Frequently asked questions

How much SIP do I need to build ₹1 crore in 20 years?+

At a realistic 12% long-run equity return, roughly ₹10,000/month. At 10%, about ₹13,000. With a 10% annual step-up starting from ₹6,000/month, you reach the same goal — the step-up version actually costs less in total invested rupees because more compounding is doing the work. Use the calculator to compare scenarios with your exact assumptions.

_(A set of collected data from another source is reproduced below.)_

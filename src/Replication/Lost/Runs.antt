-- ===== src/Replication/Lost/Runs.antt =====
-- Runs of a primary, and a backup that has missed a packet before.
use mathlib.Core.List.{append_assoc}
use sis_op_ii.Common.{
  ◌^◌, ◌<◌, ◌≡◌, refl, sym, ap, ◌∙◌, inl, inr, false, some, List, [], ◌∷◌, ◌++◌, Option-cases,
  some_inj,
}
use sis_op_ii.Common.Word.{to_int}
use sis_op_ii.Protocol.{ServerRole, TransactionStatus, Packet, SockAddr}
use sis_op_ii.Platform.{Platform, NetLaws, read_req}
use sis_op_ii.Server.State.{Server, Send}
use sis_op_ii.Server.Registration.{handle_client_update, handle_state_update}
use sis_op_ii.Server.Election.{silent}
use sis_op_ii.Server.Dispatch.{handle_packet, dispatch}
use sis_op_ii.Replication.Delivery.{
  same_addr, times, delivered, delivered-append, delivered-elsewhere, times-append,
}
use sis_op_ii.Replication.Sync.{receive_all, receive_all-append}
use sis_op_ii.Replication.Transactions.{Levels, process_transaction-Replicates}
use sis_op_ii.Replication.Joins.{add_client-JoinLevels}
use sis_op_ii.Server.Transactions.{Outcome, transaction_ack, handle_transaction_request}
use sis_op_ii.Server.Registration.{
  add_client, discovery_ack, handle_discovery_packet, register_backup, sync_packets,
}
use sis_op_ii.Replication.Run.{
  Input, arrival, request, registration, serve, serve_all, IsRegular, AllRegular,
}
use sis_op_ii.Replication.Run.Taken.{
  process_transaction-role, add_client-role, receive-reply, dispatch-discovery_ack,
  dispatch-transaction_ack,
}
use sis_op_ii.Replication.Lost.{
  history, state_update-history, client_update-history, state_update-dispatch,
  client_update-dispatch, Mirrors_self, Grown, Follows, Grown-update, Grown-same, Goes,
}

module _ {W : Type 0} ⦃p : Platform W⦄ where
  module _ (laws : NetLaws W) (back from : SockAddr) where
    Goes-arrival :
        (s : Server W) (client : SockAddr)
        → s.current_role ≡ ServerRole.primary
        → times back s.backup_servers ≡ 1
        → client.sin_addr < 2 ^ 32
        → Goes laws back from s (serve s (arrival client))
    unfolding Goes serve handle_discovery_packet handle_packet
    Goes-arrival s client leads once small =
        let ip = p.inet_ntop client.sin_addr in
        let s' = (add_client s ip).0 in
        let (role, backups) = add_client-role s ip in
        (
          s',
          (add_client s ip).1 ++ (discovery_ack, client) ∷ [],
          rw leads refl,
          role ∙ leads,
          rw backups once,
          λ b b' follows received.
              elim (add_client-JoinLevels laws s s leads (Mirrors_self s) client.sin_addr small) [
                | inl (known, stays, nothing_sent) ↦
                    Grown-same laws back from s b s' b'
                      (delivered back ((discovery_ack, client) ∷ [])) follows (ap history stays)
                      (receive-reply laws back from b discovery_ack client
                        (dispatch-discovery_ack laws back from b))
                      (rw nothing_sent at received)
                | inr (new, joined, packet, told, typed, s1, handled, equal) ↦
                    Grown-update laws back from s b s' b' packet discovery_ack client
                      (handle_client_update b packet) [] once follows
                      (client_update-dispatch laws back from b packet typed follows)
                      (sym equal.history ∙ client_update-history s s1 packet handled)
                      (λ b1 done. client_update-history b b1 packet done)
                      (dispatch-discovery_ack laws back from) (rw told at received)
              ],
        )

    Goes-outcome :
        (s : Server W) (o : Outcome W) (reply : Packet W) (client : SockAddr)
        → times back s.backup_servers ≡ 1
        → ((b : Server W) → dispatch b reply from ≡ some (silent b))
        → (status : TransactionStatus) → Levels status s s o
        → (b b' : Server W) → b.current_role ≡ ServerRole.backup
        → receive_all b (delivered back (o.sent ++ (reply, client) ∷ [])) from ≡ some b'
        → Follows s b o.server b'
    Goes-outcome s o reply client once ignored TransactionStatus.success
          (packet, told, typed, s1, handled, equal) b b' follows received =
        Grown-update laws back from s b o.server b' packet reply client
          (handle_state_update b packet) _ once follows
          (state_update-dispatch laws back from b packet typed follows)
          (sym equal.history ∙ state_update-history s s1 packet handled)
          (λ b1 done. state_update-history b b1 packet done) ignored (rw told at received)
    Goes-outcome s o reply client once ignored _ level b b' follows received =
        Grown-same laws back from s b o.server b' (delivered back ((reply, client) ∷ [])) follows
          (sym level.1.history) (receive-reply laws back from b reply client (ignored b))
          (rw level.0 at received)

    Goes-request :
        (s : Server W) (packet : Packet W) (client : SockAddr)
        → s.current_role ≡ ServerRole.primary
        → times back s.backup_servers ≡ 1
        → IsRegular back (request packet client)
        → Goes laws back from s (serve s (request packet client))
    unfolding Goes serve handle_transaction_request
    Goes-request s packet client leads once (small, dest_small) =
        let req = read_req packet.contents in
        let value = to_int (p.ntohl req.value) in
        let seqn = to_int (p.ntohl req.seqn) in
        let (o, done, level) =
          process_transaction-Replicates s s laws leads (Mirrors_self s) client.sin_addr
            req.dest_addr small dest_small value seqn in
        let (role, backups) =
          process_transaction-role s (p.inet_ntop client.sin_addr) req.dest_addr value seqn o
            done in
        (
          o.server,
          o.sent ++ (transaction_ack seqn o, client) ∷ [],
          rw done refl,
          role ∙ leads,
          rw backups once,
          Goes-outcome s o (transaction_ack seqn o) client once
              (λ b. dispatch-transaction_ack laws back from b seqn o) o.status level,
        )

    Goes-registration :
        (s : Server W) (other : SockAddr)
        → s.current_role ≡ ServerRole.primary
        → times back s.backup_servers ≡ 1
        → same_addr back other ≡ false
        → Goes laws back from s (serve s (registration other))
    unfolding Goes serve register_backup receive_all
    Goes-registration s other leads once elsewhere = (
      (register_backup s other).0,
      (register_backup s other).1,
      rw leads refl,
      leads,
      times-append back other s.backup_servers elsewhere ∙ once,
      λ b b' follows received.
          Grown-same laws back from s b (register_backup s other).0 b' [] follows refl refl
            (rw (delivered-elsewhere back other (sync_packets s) elsewhere) at received),
    )

    serve-Goes :
        (s : Server W) (input : Input W)
        → s.current_role ≡ ServerRole.primary
        → times back s.backup_servers ≡ 1
        → IsRegular back input
        → Goes laws back from s (serve s input)
    serve-Goes s (arrival client) leads once small = Goes-arrival s client leads once small
    serve-Goes s (request packet client) leads once small =
        Goes-request s packet client leads once small
    serve-Goes s (registration other) leads once elsewhere =
        Goes-registration s other leads once elsewhere

    Grown-append :
        (s s1 s2 b b' : Server W) (sent later : List (Send W))
        → ((b b' : Server W)
            → b.current_role ≡ ServerRole.backup
            → receive_all b (delivered back sent) from ≡ some b'
            → Follows s b s1 b')
        → ((b b' : Server W)
            → b.current_role ≡ ServerRole.backup
            → receive_all b (delivered back later) from ≡ some b'
            → Follows s1 b s2 b')
        → b.current_role ≡ ServerRole.backup
        → receive_all b (delivered back (sent ++ later)) from ≡ some b'
        → Follows s b s2 b'
    Grown-append s s1 s2 b b' sent later grows grows2 follows received =
        let parts =
          sym (receive_all-append b (delivered back sent) (delivered back later) from)
          ∙ (rw (delivered-append back sent later) at received) in
        elim (Option-cases (receive_all b (delivered back sent) from)) [
          | inl fault ↦ absurd (cc (rw fault at parts))
          | inr (b1, first) ↦
              let (follows1, (new, more, more_b)) = grows b b1 follows first in
              let (follows2, (new2, more2, more_b2)) = grows2 b1 b' follows1 (rw first at parts) in
              (
                follows2,
                (
                  new ++ new2,
                  more2 ∙ ap (λ h. h ++ new2) more ∙ append_assoc (history s) new new2,
                  more_b2 ∙ ap (λ h. h ++ new2) more_b ∙ append_assoc (history b) new new2,
                ),
              )
        ]

    serve_all-Goes :
        (s : Server W) (inputs : List (Input W))
        → s.current_role ≡ ServerRole.primary
        → times back s.backup_servers ≡ 1
        → AllRegular back inputs
        → Goes laws back from s (serve_all s inputs)
    unfolding Goes serve_all receive_all delivered
    serve_all-Goes s [] leads once regular = (
      s,
      [],
      refl,
      leads,
      once,
      λ b b' follows received. Grown-same laws back from s b s b' [] follows refl refl received,
    )
    serve_all-Goes s (input ∷ inputs) leads once (here, there) =
        let (s1, sent, served, leads1, once1, grows) = serve-Goes s input leads once here in
        let (s2, later, served2, leads2, once2, grows2) =
          serve_all-Goes s1 inputs leads1 once1 there in
        (
          s2,
          sent ++ later,
          rw (served, served2) refl,
          leads2,
          once2,
          λ b b' follows received.
              Grown-append s s1 s2 b b' sent later grows grows2 follows received,
        )

    -- A primary and a backup that is registered exactly once may hold accounts that differ in any
    -- way. The primary serves any sequence of discoveries, requests and registrations of other
    -- backups, where all addresses are 32-bit numbers, and the backup takes, in the order of
    -- sending and without a fault, all that the primary sends to its address for them. Then the
    -- same entries, in the same order, have been added at the end of the primary's history and at
    -- the end of the backup's, and nothing else has changed in either history.
    pub serve_all-Grown :
        (s s' b b' : Server W) (inputs : List (Input W)) (sent : List (Send W))
        → s.current_role ≡ ServerRole.primary
        → b.current_role ≡ ServerRole.backup
        → times back s.backup_servers ≡ 1
        → AllRegular back inputs
        → serve_all s inputs ≡ some (s', sent)
        → receive_all b (delivered back sent) from ≡ some b'
        → Grown s b s' b'
    unfolding Goes
    serve_all-Grown s s' b b' inputs sent leads follows once regular served received =
        let (s1, sent1, served1, leads1, once1, grows) =
          serve_all-Goes s inputs leads once regular in
        let same : (s1, sent1) ≡ (s', sent) = some_inj (sym served1 ∙ served) in
        let (follows', (new, more, more_b)) = grows b b' follows (
          ap (λ (r : Server W × List (Send W)). receive_all b (delivered back r.1) from) same
          ∙ received) in
        (new, ap (λ (r : Server W × List (Send W)). history r.0) (sym same) ∙ more, more_b)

Is ₹1 crore enough for retirement in India?+

Today, ₹1 crore in a 70% debt / 30% equity portfolio yields ~₹4–5 lakh/year in withdrawals (4% safe withdrawal rate) — barely covering urban middle-class expenses. By the time most readers retire, ₹1 crore in 2045 rupees will buy what ₹35–40 lakh buys today. Aim higher: ₹3–5 crore is the more honest target for a middle-class retirement in a tier-1 city.

What is the safest path to ₹1 crore?+

Time, not returns. A ₹6,000/month SIP for 25 years at 12% reaches ₹1.1 crore — and you only invest ₹18 lakh of your own money. A ₹35,000/month SIP for 10 years at the same return reaches ₹81 lakh and requires ₹42 lakh of your money. Longer horizon does almost all the work. Start as early as you can; the compounding tail is where the real money sits.

What returns should I expect from an equity SIP over 20 years?+

Indian equity indices have delivered roughly 12–14% CAGR over rolling 20-year windows historically. A diversified equity SIP — large-cap heavy, with some mid and flexicap — has typically returned 11–13% post-expense. Aggressive small-cap focused SIPs can return more but with substantially higher volatility. Plan with 11–12% to leave a margin of safety in your projections.

What if I cannot afford the SIP to reach ₹1 crore in my horizon?+

Three honest options: (1) extend the horizon by 5 years — the SIP drops dramatically because of compounding asymmetry, (2) take a step-up SIP starting small and growing 10–12% yearly with your salary, (3) lower the target to ₹70 lakh now and revisit at year 10 as income rises. The worst option is starting nothing because the "right" SIP feels unreachable — start something today.